### Task item
In the data below, one line contains "-- What comes" and a later one contains "else nonce_of Address same b t))". Print both, with every line between them, exactly and alone.

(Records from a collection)
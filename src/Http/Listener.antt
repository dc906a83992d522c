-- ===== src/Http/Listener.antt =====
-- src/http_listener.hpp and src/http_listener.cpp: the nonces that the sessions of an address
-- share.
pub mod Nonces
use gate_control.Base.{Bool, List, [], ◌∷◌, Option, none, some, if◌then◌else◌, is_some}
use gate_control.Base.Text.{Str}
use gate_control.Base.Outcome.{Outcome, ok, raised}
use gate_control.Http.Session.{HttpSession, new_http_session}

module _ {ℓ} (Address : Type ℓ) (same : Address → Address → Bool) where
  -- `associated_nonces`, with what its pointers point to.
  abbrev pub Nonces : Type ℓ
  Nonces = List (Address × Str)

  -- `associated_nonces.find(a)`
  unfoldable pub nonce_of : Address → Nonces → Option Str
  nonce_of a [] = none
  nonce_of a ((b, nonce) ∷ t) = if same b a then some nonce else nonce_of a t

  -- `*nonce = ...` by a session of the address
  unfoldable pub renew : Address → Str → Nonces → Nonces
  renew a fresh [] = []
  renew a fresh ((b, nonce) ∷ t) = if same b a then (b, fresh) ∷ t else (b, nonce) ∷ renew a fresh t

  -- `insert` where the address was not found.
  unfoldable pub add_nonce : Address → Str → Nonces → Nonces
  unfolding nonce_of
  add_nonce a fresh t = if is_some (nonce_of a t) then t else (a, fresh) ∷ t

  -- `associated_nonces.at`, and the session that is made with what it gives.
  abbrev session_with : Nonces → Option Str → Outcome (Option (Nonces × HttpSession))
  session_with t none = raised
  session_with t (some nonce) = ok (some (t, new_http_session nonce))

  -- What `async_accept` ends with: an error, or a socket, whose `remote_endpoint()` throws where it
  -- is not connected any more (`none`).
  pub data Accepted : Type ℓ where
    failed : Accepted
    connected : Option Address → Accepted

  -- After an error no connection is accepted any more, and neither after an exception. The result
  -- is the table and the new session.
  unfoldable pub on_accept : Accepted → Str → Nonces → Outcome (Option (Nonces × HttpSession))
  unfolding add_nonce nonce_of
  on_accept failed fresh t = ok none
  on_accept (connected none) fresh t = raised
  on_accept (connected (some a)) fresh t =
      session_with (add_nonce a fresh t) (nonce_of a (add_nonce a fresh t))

--

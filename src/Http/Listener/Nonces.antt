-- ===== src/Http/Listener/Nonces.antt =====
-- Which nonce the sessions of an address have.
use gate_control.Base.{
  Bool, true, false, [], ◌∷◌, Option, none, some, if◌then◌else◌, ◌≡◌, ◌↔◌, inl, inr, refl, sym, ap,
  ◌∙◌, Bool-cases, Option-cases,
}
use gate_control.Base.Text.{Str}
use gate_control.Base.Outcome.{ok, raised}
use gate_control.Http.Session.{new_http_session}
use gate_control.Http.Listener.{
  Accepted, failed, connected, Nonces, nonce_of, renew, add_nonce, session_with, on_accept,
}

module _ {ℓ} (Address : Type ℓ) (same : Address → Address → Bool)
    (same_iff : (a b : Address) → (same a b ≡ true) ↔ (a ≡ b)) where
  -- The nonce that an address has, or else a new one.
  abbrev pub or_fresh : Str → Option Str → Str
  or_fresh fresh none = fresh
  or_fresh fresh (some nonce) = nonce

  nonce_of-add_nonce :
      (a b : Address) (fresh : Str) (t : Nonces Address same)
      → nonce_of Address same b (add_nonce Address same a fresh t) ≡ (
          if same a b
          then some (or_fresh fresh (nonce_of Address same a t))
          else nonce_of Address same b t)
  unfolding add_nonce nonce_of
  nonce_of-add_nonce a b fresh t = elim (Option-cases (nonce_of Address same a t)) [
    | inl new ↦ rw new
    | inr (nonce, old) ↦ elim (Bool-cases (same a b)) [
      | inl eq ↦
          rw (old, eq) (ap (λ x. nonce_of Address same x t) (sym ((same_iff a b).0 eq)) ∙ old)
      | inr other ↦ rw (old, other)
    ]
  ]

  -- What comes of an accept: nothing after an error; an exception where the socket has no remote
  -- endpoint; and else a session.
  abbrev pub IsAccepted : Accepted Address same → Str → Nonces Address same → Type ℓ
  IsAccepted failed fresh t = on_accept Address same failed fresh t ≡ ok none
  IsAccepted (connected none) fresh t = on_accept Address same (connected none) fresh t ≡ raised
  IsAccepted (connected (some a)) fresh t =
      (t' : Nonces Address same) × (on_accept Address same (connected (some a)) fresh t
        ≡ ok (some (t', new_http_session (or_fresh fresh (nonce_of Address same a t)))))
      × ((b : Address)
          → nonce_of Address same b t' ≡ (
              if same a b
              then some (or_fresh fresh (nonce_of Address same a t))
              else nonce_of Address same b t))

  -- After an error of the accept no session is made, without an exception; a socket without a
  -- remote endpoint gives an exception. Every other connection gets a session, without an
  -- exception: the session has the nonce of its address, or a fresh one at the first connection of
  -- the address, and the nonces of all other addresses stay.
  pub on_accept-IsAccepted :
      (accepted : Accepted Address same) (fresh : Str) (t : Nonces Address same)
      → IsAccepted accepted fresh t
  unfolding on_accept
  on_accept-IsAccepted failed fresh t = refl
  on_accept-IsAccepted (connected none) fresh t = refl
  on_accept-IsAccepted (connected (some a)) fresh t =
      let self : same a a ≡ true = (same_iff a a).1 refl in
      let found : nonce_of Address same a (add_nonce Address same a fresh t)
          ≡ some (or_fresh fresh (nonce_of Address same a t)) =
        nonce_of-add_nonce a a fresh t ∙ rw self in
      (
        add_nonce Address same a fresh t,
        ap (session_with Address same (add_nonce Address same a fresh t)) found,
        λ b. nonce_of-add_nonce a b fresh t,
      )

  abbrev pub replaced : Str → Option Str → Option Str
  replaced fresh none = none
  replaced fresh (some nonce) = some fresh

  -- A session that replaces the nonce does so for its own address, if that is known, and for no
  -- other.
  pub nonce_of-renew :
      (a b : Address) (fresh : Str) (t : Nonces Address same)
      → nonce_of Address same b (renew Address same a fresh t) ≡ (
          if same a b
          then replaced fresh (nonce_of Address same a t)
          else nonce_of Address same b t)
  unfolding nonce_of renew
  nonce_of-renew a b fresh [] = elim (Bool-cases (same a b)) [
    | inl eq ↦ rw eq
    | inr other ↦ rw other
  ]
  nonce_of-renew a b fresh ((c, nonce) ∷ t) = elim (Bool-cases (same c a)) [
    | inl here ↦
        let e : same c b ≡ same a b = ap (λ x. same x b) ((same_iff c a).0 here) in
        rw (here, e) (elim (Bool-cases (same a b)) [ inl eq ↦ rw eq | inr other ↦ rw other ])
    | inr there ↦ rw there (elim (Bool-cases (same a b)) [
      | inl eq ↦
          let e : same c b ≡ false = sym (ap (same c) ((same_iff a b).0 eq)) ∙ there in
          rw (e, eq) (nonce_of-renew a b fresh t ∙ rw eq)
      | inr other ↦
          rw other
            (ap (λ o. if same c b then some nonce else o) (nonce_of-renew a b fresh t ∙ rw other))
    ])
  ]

### Reply
  -- What comes of an accept: nothing after an error; an exception where the socket has no remote
  -- endpoint; and else a session.
  abbrev pub IsAccepted : Accepted Address same → Str → Nonces Address same → Type ℓ
  IsAccepted failed fresh t = on_accept Address same failed fresh t ≡ ok none
  IsAccepted (connected none) fresh t = on_accept Address same (connected none) fresh t ≡ raised
  IsAccepted (connected (some a)) fresh t =
      (t' : Nonces Address same) × (on_accept Address same (connected (some a)) fresh t
        ≡ ok (some (t', new_http_session (or_fresh fresh (nonce_of Address same a t)))))
      × ((b : Address)
          → nonce_of Address same b t' ≡ (
              if same a b
              then some (or_fresh fresh (nonce_of Address same a t))
              else nonce_of Address same b t))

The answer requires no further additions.